Denver Leads the U.S. in Apartment Rent Decline, Zillow Finds

As seen in Denver Business Journal

Rent costs in the Denver-metro area recorded the largest monthly decline in the nation in January, according to Zillow’s monthly rental report.

Denver was one of 11 major metro areas where monthly rental rates fell, leading the way at a 0.4% decline in January rent costs, the report shows. Cincinnati and Birmingham tied for second place with a decline of 0.2%.

The decline bucked a national trend where rents increased in 47 of the 50 largest metro areas in January compared to the same month last year, according to Zillow.

The typical January rent in the Denver region was $1,918, a 0.8% decrease from January 2024.

Multifamily rents experienced a larger decline than single-family rental properties, with Denver once again recording the largest drop in the nation at 0.5% in January, tying with Cincinnati.

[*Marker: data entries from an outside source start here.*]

-- ===== src/Unrolled/Same.antt =====
-- original/mpmc.hpp against include/mpmc_logger/mpmc_queue.hpp.
use mpmc_logger.Prelude.{
  ℕ, length, ◌≤◌, ◌≡◌, refl, ap, ◌∙◌, true, false, List, [], ◌∷◌, if◌then◌else◌, update,
}
use mpmc_logger.Broadcast.{Call, put, get}
use mpmc_logger.Queue
use mpmc_logger.Queue.{
  MpmcQueue, is_full, next_pos, refresh_min_tail, compute_min_tail, slot_index, Slot,
}
use mpmc_logger.Queue.Runs
use mpmc_logger.Unrolled
use mpmc_logger.Unrolled.{recheck, fast_copy_96}
use mpmc_logger.Entry.{memcpy}
use mpmc_logger.Entry.Copy.{three_blocks, stored}
use mpmc_logger.Original.Same.{min_tail_stored, slot_written}

-- `fast_copy_96` copies 96 bytes whole, and leaves what follows them.
pub fast_copy_96-eq-memcpy :
    (dst src : List ℕ) → 96 ≤ length src → fast_copy_96 dst src ≡ memcpy dst src 96
unfolding fast_copy_96
fast_copy_96-eq-memcpy dst src h = three_blocks src dst h ∙ stored 96 dst src h

module _ {ℓ} {T : Type ℓ} (size : ℕ) where
  recheck-eq : (q : MpmcQueue T) → recheck size q ≡ refresh_min_tail size q
  unfolding recheck refresh_min_tail Unrolled.compute_min_tail compute_min_tail
  recheck-eq q = min_tail_stored (is_full size q.head q.min_tail) (compute_min_tail q) q

  push-eq : (x : T) (q : MpmcQueue T) → Unrolled.push size x q ≡ Queue.push size x q
  unfolding Unrolled.push Queue.push slot_index
  push-eq x q =
      ap
        (λ q'. if is_full size q'.head q'.min_tail then (false, q') else (
          true,
          record q' {
            head = next_pos q.head;
            slots =
                update q'.slots (slot_index size q.head) (record { sequence = q.head; item = x });
          },
        ))
        (recheck-eq q)
      ∙ ap
          (λ slots.
            if is_full size (refresh_min_tail size q).head (refresh_min_tail size q).min_tail
            then (false, refresh_min_tail size q)
            else (true, record (refresh_min_tail size q) { head = next_pos q.head; slots = slots }))
          (slot_written (refresh_min_tail size q).slots (slot_index size q.head) q.head x)

  pop-eq : (id : ℕ) (q : MpmcQueue T) → Unrolled.pop size id q ≡ Queue.pop size id q
  unfolding Unrolled.pop Queue.pop slot_index
  pop-eq id q = refl

  -- Every sequence of calls of `push` and `pop` answers, on every queue, as the second version of
  -- the queue does.
  pub run-eq-unrolled :
      (calls : List (Call T)) (q : MpmcQueue T)
      → Queue.Runs.run size q calls ≡ Unrolled.run size q calls
  unfolding Unrolled.run Queue.Runs.run
  run-eq-unrolled [] q = refl
  run-eq-unrolled (put x ∷ calls) q =
      rw (push-eq x q, run-eq-unrolled calls (Queue.push size x q).1) refl
  run-eq-unrolled (get id ∷ calls) q =
      rw (pop-eq id q, run-eq-unrolled calls (Queue.pop size id q).1) refl
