-- ===== src/Generic/Same.antt =====
-- original/mpmc_2.hpp against original/mpmc.hpp: the copies move whole items.
use mpmc_logger.Prelude.{
  ℕ, ◌+◌, ◌≤◌, ◌≡◌, refl, sym, ap, ◌∙◌, subst, inl, inr, Bool, true, false, not, Option, none, some,
  List, [], ◌∷◌, ◌==◌, arith, length, take, drop, update, map-update, update_elim, if◌then◌else◌,
  if-true, if-false, Bool-cases, take-append_length, length-take, length-append, take_all,
}
use mpmc_logger.Queue.{MpmcQueue, Slot, is_full, next_pos}
use mpmc_logger.Unrolled
use mpmc_logger.Unrolled.{fast_copy_96, masked, recheck, compute_min_tail}
use mpmc_logger.Unrolled.Same.{fast_copy_96-eq-memcpy}
use mpmc_logger.Broadcast.{Call, put, get, pushed, popped}
use mpmc_logger.Generic
use mpmc_logger.Generic.{State, answer}

-- Every slot has room for an item.
abbrev pub HasRoom : State → Type 0
HasRoom q = (j : ℕ) → 96 ≤ length (q.slots j).item

abbrev pub AllItems : List (Call (List ℕ)) → Type 0
AllItems [] = Unit {0}
AllItems (put x ∷ calls) = (length x ≡ 96) × AllItems calls
AllItems (get id ∷ calls) = AllItems calls

abbrev item_slot : Slot (List ℕ) → Slot (List ℕ)
item_slot s = record { sequence = s.sequence; item = take 96 s.item }

-- The queue of the items that the slots begin with.
abbrev pub items : State → State
items q = record q { slots = λ j. item_slot (q.slots j) }

-- The first 96 bytes after a copy are those of the source.
take-fast_copy_96 :
    (dst src : List ℕ) → 96 ≤ length src → take 96 (fast_copy_96 dst src) ≡ take 96 src
take-fast_copy_96 dst src h =
    ap (take 96) (fast_copy_96-eq-memcpy dst src h)
    ∙ take-append_length 96 (take 96 src) _ (omega (arith, length-take 96 src))

length-fast_copy_96 : (dst src : List ℕ) → 96 ≤ length src → 96 ≤ length (fast_copy_96 dst src)
length-fast_copy_96 dst src h = omega (
  arith,
  ap length (fast_copy_96-eq-memcpy dst src h),
  length-append (take 96 src) (drop (0 + length (take 96 src)) dst),
  length-take 96 src,
)

-- The two tests of `pop`.
abbrev tested {ℓ} : {A : Type ℓ} → (active ready : Bool) → (stop go : A) → A
tested active ready stop go = if not active then stop else if not ready then stop else go

-- The answer of `pop`, and the items of the queue that it leaves.
abbrev seen : Bool × List ℕ × State → Option (List ℕ) × State
seen (ok, item, q) = (answer ok item, items q)

pop_cases :
    (active ready : Bool) (item item' x : List ℕ) (q q' : State)
    → take 96 item' ≡ x
    → seen (tested active ready (false, item, q) (true, item', q'))
      ≡ tested active ready (none, items q) (some x, items q')
pop_cases false ready item item' x q q' e = refl
pop_cases true false item item' x q q' e = refl
pop_cases true true item item' x q q' e = ap (λ y. (some y, items q')) e

module _ (size : ℕ) where
  recheck-items : (q : State) → recheck size (items q) ≡ items (recheck size q)
  unfolding recheck compute_min_tail
  recheck-items q =
      let mini = (compute_min_tail q).0 in
      elim (Bool-cases (is_full size q.head q.min_tail)) [
        | inl full ↦ elim (Bool-cases (mini == q.min_tail)) [
          | inl same ↦ rw (full, same) refl
          | inr other ↦ rw (full, other) refl
        ]
        | inr room ↦ rw room refl
      ]

  recheck-slots : (q : State) → (recheck size q).slots ≡ q.slots
  unfolding recheck compute_min_tail
  recheck-slots q = ground arith

  push_after : (q : State) (x : List ℕ) → MpmcQueue (List ℕ) → Bool × MpmcQueue (List ℕ)
  push_after q x r = if is_full size r.head r.min_tail then (false, r) else (
    true,
    record r {
      head = next_pos q.head;
      slots = update r.slots (masked size q.head) (record { sequence = q.head; item = x });
    },
  )

  whole_item : (dst x : List ℕ) → length x ≡ 96 → x ≡ take 96 (fast_copy_96 dst x)
  whole_item dst x h = sym (take-fast_copy_96 dst x (omega arith) ∙ take_all 96 x (omega arith))

  -- `push` of an item leaves the items that the second version leaves.
  push-items :
      (x : List ℕ) (q : State)
      → length x ≡ 96
      → ((Generic.push size x q).0, items (Generic.push size x q).1)
        ≡ Unrolled.push size x (items q)
  unfolding Generic.push Unrolled.push push_after
  push-items x q h =
      let q' = recheck size q in
      let i = masked size q.head in
      let copied : Slot (List ℕ) = record {
        sequence = q.head;
        item = fast_copy_96 (q'.slots i).item x;
      } in
      let written =
        ap
          (λ item.
            update (λ j. item_slot (q'.slots j)) i (record { sequence = q.head; item = item }))
          (whole_item (q'.slots i).item x h)
        ∙ map-update item_slot q'.slots i copied in
      elim (Bool-cases (is_full size q'.head q'.min_tail)) [
        | inl full ↦ rw full refl ∙ sym (ap (push_after q x) (recheck-items q) ∙ if-true _ _ full)
        | inr room ↦
            rw room refl
            ∙ sym (
                ap (push_after q x) (recheck-items q)
                ∙ if-false _ _ room
                ∙ ap (λ slots. (true, record (items q') { head = next_pos q.head; slots = slots }))
                    written)
      ]

  push-HasRoom :
      (x : List ℕ) (q : State) → length x ≡ 96 → HasRoom q → HasRoom (Generic.push size x q).1
  unfolding Generic.push
  push-HasRoom x q h room =
      let q' = recheck size q in
      let kept : HasRoom q' =
        λ j. subst (λ s. 96 ≤ length (s j).item) (sym (recheck-slots q)) (room j) in
      elim (Bool-cases (is_full size q'.head q'.min_tail)) [
        | inl full ↦ rw full kept
        | inr free ↦ rw free (
            update_elim (λ _ s. 96 ≤ length s.item) q'.slots (masked size q.head) _
              (length-fast_copy_96 (q'.slots (masked size q.head)).item x (omega arith))
              (λ j _. kept j))
      ]

  -- So does `pop`, and it answers the same.
  pop-items :
      (id : ℕ) (item : List ℕ) (q : State)
      → HasRoom q
      → (
        answer (Generic.pop size id item q).0 (Generic.pop size id item q).1,
        items (Generic.pop size id item q).2,
      )
        ≡ Unrolled.pop size id (items q)
  unfolding Generic.pop Unrolled.pop
  pop-items id item q room =
      let tail = (q.consumers id).tail in
      let slot = q.slots (masked size tail) in
      pop_cases (q.consumers id).active (slot.sequence == tail) item (fast_copy_96 item slot.item)
        (take 96 slot.item) q
        (record q {
          consumers = update q.consumers id (record (q.consumers id) { tail = next_pos tail });
        })
        (take-fast_copy_96 item slot.item (room (masked size tail)))

  pop-HasRoom :
      (id : ℕ) (item : List ℕ) (q : State) → HasRoom q → HasRoom (Generic.pop size id item q).2
  unfolding Generic.pop
  pop-HasRoom id item q room =
      let tail = (q.consumers id).tail in
      elim (Bool-cases (q.consumers id).active) [
        | inr off ↦ rw off room
        | inl on ↦ elim (Bool-cases ((q.slots (masked size tail)).sequence == tail)) [
          | inr other ↦ rw (on, other) room
          | inl here ↦ rw (on, here) room
        ]
      ]

  -- For items of 96 bytes, and slots with room for as many, every sequence of calls of `push` and
  -- `pop` of the version for any item type answers as the version with a fixed item type does: no
  -- byte of an item is lost in a copy.
  pub run-eq-unrolled_items :
      (calls : List (Call (List ℕ))) (item : List ℕ) (q : State)
      → AllItems calls
      → HasRoom q
      → Generic.run size item q calls ≡ Unrolled.run size (items q) calls
  unfolding Generic.run Unrolled.run
  run-eq-unrolled_items [] item q all room = refl
  run-eq-unrolled_items (put x ∷ calls) item q all room =
      let r = Generic.push size x q in
      ap (λ replies. pushed r.0 ∷ replies)
        (run-eq-unrolled_items calls item r.1 all.1 (push-HasRoom x q all.0 room))
      ∙ ap (λ s. pushed s.0 ∷ Unrolled.run size s.1 calls) (push-items x q all.0)
  run-eq-unrolled_items (get id ∷ calls) item q all room =
      let r = Generic.pop size id item q in
      ap (λ replies. popped (answer r.0 r.1) ∷ replies)
        (run-eq-unrolled_items calls r.1 r.2 all (pop-HasRoom id item q room))
      ∙ ap (λ s. popped s.0 ∷ Unrolled.run size s.1 calls) (pop-items id item q room)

Denver also led the nation in its annual increase in the share of listings offering renters concessions, which jumped 20.7 percentage points year over year. That was followed by Nashville at 17.2 percentage points. Concessions increased from year-ago levels in 48 of the 50 largest metro areas.

In January 67.2% of rental listings in Denver included concessions, Zillow found — a far higher rate than the U.S. average.

“While most metros are seeing rent growth, landlords are increasingly offering concessions to attract renters, with more than 41% of Zillow rental listings featuring incentives in January – a record high in Zillow data,” the report notes. “However, there are signs these concessions may decline in the coming months.”

The trend in rental rates softening and terms becoming more friendly to Denver-area renters isn’t new.

The Apartment Association of Metro Denver’s fourth-quarter vacancy and rent report for 2024 showed the number of new multifamily properties that came online in the Denver-metro area last year led to higher vacancy rates and lower rent costs at apartment buildings, the association noted in January.

A total of 19,910 new units came online in the previous 12 months across the metro area, according to the association, with 2,228 new units in the fourth quarter alone, setting a record for a calendar year. That increased the supply of apartments in the Denver-metro area by 4.8% in 2024.

The flood of apartments led to a record $69 decrease in the area’s average monthly rent for multifamily properties to the previous quarter, marking a 1.5% decrease from the previous year, the association’s report noted.

While the current trend favor renters, that is expected to change soon.

“2025 will still deliver a lot of new units, and so there’ll be a lot of competition out there, but the spigot pretty much gets turned off, you know, in the next, I don’t know, 18 to 24 months,” Mark Williams, the executive vice president of the association, said in January. “And that’s going to be bad news for renters and bad news for the market, really.”